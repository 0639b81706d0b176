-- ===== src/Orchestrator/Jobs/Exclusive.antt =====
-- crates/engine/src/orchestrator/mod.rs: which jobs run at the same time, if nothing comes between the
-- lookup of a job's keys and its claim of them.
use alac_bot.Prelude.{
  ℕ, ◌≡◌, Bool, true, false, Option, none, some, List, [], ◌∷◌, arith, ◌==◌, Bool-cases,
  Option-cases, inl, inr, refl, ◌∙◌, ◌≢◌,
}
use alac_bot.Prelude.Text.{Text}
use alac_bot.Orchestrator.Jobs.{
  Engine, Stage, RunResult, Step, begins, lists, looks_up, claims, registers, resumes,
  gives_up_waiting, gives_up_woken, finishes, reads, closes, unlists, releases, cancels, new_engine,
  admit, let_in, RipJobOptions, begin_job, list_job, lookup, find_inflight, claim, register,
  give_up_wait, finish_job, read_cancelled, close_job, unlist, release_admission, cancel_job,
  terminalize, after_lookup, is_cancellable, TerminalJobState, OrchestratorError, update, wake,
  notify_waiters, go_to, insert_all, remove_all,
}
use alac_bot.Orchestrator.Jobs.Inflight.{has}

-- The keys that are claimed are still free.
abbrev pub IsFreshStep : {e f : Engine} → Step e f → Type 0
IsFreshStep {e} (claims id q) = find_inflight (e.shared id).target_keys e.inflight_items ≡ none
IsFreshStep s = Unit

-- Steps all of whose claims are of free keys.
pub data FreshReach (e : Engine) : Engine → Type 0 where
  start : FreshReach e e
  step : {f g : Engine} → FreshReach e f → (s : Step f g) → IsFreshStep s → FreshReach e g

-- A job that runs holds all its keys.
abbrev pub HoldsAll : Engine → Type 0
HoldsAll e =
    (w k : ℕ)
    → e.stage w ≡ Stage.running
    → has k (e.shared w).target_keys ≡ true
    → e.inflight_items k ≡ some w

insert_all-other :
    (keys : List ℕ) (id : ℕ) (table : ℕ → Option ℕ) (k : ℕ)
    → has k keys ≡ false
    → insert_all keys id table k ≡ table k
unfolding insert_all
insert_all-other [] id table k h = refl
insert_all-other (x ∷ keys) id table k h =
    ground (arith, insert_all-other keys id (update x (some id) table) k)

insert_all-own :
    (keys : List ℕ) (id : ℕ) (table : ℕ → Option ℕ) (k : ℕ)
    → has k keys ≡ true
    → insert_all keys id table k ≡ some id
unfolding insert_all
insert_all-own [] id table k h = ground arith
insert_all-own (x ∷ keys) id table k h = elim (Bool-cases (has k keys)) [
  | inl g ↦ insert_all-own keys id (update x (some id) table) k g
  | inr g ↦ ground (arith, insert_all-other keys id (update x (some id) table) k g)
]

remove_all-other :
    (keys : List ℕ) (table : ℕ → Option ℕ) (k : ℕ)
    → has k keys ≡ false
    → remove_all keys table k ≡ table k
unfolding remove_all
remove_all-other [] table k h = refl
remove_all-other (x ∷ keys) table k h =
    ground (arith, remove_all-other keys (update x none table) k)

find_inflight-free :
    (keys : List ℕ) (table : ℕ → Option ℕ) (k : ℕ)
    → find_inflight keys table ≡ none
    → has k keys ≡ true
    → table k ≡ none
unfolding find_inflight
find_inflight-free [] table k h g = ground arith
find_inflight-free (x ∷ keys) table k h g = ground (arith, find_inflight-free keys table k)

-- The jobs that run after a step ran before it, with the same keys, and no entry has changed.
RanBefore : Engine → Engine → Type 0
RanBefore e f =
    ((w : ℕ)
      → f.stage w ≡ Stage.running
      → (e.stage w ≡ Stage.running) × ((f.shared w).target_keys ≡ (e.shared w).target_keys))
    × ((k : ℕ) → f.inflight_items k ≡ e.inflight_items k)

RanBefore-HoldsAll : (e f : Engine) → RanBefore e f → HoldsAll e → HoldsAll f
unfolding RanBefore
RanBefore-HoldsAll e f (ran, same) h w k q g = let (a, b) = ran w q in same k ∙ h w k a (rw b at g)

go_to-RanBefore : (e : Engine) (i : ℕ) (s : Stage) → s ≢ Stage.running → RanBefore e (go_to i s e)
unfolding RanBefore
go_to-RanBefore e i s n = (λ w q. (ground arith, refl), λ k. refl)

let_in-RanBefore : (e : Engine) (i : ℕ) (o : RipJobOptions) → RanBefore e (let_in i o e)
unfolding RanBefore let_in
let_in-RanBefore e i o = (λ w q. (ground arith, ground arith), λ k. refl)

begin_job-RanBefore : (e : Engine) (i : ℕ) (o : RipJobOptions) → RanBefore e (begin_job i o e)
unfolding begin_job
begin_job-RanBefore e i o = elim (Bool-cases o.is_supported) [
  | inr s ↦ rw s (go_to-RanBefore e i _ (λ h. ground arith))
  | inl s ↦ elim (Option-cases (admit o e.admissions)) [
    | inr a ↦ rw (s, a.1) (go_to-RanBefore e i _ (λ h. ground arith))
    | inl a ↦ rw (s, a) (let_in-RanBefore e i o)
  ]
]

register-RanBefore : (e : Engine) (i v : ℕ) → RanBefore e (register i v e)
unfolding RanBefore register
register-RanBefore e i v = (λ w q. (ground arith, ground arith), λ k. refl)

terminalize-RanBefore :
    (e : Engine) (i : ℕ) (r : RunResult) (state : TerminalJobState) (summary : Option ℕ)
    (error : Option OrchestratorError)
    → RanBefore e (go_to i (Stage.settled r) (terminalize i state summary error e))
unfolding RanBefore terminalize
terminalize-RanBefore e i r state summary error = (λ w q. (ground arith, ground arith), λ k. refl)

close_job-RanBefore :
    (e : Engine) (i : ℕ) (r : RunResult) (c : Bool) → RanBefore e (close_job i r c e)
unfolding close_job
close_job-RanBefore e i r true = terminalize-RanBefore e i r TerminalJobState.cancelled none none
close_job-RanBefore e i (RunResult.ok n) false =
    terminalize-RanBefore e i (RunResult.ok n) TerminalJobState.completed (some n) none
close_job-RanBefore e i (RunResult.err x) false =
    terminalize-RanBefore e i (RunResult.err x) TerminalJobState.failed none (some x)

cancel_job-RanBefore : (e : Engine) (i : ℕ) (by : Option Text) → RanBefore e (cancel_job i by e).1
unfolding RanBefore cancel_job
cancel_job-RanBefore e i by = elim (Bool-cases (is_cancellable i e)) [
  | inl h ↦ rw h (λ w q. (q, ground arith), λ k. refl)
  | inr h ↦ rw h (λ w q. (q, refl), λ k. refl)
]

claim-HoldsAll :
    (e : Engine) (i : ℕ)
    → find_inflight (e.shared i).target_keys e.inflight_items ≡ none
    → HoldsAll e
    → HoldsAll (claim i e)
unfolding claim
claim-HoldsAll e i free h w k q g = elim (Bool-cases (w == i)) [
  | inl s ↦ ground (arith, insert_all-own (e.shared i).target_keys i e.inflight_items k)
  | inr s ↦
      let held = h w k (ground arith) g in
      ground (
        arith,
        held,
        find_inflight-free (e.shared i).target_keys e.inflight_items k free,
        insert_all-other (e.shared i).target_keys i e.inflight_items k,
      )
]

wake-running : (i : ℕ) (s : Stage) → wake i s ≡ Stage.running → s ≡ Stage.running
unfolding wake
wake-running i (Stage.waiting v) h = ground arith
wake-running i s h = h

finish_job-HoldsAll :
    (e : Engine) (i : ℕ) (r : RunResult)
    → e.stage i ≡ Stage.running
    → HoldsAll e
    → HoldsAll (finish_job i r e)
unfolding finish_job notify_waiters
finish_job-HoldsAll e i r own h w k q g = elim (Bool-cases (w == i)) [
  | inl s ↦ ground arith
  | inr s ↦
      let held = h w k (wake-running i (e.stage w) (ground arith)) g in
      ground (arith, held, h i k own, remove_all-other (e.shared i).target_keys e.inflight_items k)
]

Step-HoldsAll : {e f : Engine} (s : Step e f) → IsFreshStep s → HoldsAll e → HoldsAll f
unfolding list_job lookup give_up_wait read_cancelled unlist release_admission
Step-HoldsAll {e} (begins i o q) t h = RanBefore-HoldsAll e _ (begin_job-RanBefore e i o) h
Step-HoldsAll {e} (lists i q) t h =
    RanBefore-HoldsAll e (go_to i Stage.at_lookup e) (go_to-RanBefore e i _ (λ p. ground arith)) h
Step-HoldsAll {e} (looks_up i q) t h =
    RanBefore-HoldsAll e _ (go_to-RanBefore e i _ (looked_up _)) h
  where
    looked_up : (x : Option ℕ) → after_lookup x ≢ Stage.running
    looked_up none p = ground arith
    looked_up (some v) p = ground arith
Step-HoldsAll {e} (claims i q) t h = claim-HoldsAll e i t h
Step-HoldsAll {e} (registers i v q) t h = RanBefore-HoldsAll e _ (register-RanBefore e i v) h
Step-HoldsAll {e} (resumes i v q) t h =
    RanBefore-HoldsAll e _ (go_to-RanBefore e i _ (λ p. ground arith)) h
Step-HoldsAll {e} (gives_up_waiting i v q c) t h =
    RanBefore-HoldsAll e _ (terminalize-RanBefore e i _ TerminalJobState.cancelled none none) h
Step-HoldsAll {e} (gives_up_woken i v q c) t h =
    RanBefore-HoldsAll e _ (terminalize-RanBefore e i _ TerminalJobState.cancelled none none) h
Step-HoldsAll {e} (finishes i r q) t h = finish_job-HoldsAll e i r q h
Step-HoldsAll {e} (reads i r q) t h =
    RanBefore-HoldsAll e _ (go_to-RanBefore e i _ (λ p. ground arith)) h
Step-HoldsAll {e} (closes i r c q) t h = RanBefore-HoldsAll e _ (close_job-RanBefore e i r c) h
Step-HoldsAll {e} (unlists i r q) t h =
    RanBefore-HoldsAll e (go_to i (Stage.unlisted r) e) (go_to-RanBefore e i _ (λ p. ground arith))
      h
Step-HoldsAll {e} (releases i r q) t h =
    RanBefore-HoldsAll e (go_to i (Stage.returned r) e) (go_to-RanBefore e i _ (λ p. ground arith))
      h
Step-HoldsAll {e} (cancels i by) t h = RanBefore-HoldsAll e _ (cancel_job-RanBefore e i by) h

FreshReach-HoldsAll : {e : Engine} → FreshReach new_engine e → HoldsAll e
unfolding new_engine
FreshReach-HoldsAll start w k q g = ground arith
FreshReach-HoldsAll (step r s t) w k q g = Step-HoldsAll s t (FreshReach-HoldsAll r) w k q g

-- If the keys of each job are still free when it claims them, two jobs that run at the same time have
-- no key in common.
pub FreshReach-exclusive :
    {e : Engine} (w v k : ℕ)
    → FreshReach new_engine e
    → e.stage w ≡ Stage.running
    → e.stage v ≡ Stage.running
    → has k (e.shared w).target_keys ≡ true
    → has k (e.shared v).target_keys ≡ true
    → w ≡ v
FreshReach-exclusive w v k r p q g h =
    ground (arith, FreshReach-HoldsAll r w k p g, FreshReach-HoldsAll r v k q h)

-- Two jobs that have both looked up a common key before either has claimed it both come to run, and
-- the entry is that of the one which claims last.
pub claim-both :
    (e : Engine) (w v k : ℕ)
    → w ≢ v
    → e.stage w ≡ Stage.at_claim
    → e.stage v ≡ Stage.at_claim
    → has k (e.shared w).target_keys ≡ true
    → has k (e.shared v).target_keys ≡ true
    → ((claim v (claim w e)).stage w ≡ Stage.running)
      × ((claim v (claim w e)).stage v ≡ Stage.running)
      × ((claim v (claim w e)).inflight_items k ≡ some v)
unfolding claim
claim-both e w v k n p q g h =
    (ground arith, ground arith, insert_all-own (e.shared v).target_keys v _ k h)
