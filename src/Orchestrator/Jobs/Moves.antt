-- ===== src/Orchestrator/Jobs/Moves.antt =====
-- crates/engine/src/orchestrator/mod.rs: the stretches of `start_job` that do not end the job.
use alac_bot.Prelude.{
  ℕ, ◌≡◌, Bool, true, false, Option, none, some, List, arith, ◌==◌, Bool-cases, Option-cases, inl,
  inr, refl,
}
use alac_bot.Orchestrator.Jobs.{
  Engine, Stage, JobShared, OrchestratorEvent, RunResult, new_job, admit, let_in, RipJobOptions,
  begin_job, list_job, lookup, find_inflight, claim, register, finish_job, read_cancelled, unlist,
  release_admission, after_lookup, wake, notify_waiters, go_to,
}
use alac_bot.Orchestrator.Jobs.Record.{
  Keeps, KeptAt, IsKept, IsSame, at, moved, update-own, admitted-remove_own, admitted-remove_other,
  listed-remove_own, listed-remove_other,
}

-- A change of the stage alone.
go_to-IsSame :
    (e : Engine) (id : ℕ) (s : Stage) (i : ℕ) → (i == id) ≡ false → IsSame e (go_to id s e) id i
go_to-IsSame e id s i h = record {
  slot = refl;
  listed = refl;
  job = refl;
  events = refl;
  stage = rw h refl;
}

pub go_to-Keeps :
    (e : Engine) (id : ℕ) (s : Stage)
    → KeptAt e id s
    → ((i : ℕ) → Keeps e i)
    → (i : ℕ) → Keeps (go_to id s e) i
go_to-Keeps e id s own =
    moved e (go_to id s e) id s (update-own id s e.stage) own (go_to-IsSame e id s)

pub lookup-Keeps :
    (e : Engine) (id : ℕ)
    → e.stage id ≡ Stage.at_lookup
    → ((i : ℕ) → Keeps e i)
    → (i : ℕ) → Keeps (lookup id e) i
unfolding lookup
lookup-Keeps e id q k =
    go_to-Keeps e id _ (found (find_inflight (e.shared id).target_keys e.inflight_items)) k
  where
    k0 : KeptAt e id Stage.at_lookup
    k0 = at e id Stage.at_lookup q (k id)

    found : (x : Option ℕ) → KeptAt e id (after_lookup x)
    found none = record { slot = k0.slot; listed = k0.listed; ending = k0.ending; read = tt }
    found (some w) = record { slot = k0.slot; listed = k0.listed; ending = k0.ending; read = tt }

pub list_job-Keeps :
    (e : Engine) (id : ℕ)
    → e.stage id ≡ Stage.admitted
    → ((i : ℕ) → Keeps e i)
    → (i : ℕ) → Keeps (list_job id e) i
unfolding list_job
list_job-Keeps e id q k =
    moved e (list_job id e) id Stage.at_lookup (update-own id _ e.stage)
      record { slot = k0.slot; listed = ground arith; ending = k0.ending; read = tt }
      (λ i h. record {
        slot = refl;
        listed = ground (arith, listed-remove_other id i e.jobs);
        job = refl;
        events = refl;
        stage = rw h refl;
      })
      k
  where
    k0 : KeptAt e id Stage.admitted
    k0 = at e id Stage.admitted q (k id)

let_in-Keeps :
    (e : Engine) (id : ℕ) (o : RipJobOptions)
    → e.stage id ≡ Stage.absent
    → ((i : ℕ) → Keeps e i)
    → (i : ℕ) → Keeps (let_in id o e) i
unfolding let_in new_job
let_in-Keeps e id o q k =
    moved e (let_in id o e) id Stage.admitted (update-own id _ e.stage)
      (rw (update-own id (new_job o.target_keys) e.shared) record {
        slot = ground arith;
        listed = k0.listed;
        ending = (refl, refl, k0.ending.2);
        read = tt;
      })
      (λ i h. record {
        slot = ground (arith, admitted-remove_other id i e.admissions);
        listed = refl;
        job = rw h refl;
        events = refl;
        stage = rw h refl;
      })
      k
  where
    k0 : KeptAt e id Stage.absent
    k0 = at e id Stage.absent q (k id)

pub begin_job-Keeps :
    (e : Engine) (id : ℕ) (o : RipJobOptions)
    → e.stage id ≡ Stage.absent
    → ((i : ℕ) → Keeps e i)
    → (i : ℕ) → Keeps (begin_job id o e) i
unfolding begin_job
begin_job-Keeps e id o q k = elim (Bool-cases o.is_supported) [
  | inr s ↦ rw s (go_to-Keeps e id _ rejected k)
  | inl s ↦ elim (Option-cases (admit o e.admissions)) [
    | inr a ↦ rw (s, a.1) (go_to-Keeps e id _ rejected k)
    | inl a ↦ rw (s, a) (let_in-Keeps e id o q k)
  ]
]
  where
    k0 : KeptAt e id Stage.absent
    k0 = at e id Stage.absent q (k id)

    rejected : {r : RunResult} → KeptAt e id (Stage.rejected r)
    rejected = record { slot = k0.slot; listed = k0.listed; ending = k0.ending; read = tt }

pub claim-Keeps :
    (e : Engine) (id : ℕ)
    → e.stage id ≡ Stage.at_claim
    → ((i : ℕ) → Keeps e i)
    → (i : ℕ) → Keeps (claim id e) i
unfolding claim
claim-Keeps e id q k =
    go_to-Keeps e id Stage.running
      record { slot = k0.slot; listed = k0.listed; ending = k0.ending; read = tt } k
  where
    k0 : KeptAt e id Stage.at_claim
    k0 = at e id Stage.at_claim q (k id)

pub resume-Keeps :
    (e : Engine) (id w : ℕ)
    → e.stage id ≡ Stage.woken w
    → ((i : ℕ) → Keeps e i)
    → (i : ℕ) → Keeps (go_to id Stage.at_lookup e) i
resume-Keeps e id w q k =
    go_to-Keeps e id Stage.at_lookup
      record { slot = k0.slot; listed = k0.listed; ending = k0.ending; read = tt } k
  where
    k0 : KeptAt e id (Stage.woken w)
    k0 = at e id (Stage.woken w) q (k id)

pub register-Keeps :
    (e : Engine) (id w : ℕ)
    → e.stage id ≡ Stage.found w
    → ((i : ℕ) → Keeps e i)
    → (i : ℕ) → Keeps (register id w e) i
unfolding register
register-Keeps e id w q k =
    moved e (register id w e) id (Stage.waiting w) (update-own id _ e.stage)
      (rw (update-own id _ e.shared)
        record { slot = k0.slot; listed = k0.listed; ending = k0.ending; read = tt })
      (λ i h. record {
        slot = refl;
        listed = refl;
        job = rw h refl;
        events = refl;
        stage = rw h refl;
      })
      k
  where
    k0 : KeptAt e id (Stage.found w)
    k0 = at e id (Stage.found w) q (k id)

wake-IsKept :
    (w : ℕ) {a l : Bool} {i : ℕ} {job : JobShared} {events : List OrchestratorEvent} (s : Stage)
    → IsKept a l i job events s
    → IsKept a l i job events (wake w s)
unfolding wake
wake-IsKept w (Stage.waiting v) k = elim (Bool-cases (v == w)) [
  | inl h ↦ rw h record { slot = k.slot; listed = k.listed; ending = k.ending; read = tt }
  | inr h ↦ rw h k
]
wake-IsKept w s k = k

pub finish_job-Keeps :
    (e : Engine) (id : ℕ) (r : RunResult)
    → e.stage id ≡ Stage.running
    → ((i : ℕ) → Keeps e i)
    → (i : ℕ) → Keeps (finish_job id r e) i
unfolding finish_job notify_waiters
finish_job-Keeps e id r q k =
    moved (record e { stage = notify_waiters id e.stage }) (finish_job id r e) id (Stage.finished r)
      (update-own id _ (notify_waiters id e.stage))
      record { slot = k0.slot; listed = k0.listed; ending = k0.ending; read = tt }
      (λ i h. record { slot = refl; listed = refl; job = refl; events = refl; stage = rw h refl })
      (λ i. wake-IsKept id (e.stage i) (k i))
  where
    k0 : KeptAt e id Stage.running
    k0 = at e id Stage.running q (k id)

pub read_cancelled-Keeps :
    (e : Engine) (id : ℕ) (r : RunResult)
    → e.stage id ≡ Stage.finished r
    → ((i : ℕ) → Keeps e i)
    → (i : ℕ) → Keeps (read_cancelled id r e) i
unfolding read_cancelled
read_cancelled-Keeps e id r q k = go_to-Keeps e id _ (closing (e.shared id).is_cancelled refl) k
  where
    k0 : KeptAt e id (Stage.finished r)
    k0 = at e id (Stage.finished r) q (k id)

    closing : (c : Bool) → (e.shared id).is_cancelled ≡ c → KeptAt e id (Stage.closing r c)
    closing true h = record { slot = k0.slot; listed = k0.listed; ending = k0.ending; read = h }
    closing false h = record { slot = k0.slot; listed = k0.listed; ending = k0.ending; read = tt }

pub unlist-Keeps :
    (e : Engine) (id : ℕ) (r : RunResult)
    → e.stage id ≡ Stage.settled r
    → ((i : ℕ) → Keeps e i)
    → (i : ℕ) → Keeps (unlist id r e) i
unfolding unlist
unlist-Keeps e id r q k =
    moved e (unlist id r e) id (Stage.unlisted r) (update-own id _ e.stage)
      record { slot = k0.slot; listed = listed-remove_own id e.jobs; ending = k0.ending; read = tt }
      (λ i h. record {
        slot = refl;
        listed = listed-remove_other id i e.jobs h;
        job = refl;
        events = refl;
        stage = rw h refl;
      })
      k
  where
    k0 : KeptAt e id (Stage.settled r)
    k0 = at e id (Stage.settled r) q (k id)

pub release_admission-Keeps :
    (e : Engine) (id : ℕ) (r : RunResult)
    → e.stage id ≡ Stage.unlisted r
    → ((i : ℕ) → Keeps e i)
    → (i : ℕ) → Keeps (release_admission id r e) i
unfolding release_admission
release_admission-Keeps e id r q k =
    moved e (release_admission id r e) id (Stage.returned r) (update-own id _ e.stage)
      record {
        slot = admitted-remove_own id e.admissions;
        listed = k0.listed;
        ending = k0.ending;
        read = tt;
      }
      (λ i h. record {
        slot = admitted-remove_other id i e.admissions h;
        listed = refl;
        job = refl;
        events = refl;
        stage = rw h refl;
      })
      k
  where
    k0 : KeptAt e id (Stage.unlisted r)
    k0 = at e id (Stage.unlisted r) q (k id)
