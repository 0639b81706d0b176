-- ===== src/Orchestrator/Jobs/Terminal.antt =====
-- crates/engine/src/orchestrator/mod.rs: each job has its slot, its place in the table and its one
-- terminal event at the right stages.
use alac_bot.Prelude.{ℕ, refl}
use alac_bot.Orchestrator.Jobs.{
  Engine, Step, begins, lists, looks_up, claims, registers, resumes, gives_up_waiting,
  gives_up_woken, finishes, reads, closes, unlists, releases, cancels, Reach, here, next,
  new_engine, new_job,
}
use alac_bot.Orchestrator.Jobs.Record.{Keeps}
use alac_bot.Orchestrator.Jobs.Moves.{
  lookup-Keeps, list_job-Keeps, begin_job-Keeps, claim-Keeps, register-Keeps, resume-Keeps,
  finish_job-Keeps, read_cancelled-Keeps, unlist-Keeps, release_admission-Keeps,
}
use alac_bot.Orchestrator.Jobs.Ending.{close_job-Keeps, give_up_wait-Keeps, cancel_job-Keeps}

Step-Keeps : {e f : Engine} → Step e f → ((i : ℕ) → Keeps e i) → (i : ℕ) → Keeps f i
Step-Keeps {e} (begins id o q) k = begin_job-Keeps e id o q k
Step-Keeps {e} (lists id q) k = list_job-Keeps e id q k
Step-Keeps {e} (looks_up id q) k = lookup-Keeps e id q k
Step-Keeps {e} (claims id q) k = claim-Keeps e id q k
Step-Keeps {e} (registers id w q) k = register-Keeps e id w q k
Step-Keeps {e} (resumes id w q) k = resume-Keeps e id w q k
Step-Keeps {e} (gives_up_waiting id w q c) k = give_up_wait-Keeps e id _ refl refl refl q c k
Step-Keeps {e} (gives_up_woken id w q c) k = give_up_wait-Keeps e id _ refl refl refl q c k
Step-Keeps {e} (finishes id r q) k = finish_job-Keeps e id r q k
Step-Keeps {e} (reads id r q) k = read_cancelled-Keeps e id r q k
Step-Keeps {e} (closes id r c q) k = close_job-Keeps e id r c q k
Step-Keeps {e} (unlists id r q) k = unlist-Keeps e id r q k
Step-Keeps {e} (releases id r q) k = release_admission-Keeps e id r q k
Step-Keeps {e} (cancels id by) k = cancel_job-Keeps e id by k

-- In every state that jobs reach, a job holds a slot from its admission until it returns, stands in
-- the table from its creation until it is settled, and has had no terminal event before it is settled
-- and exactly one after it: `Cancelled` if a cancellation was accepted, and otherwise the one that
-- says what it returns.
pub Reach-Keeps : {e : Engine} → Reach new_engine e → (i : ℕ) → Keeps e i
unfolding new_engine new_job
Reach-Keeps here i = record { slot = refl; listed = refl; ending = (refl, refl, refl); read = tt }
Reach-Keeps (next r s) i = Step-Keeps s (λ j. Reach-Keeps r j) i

= = =

§ **Your instructions**
Search the records above for the string "closing". Report each line that has it.

§ **Solution for this task**
read_cancelled-Keeps e id r q k = go_to-Keeps e id _ (closing (e.shared id).is_cancelled refl) k
    closing : (c : Bool) → (e.shared id).is_cancelled ≡ c → KeptAt e id (Stage.closing r c)
    closing true h = record { slot = k0.slot; listed = k0.listed; ending = k0.ending; read = h }
    closing false h = record { slot = k0.slot; listed = k0.listed; ending = k0.ending; read = tt }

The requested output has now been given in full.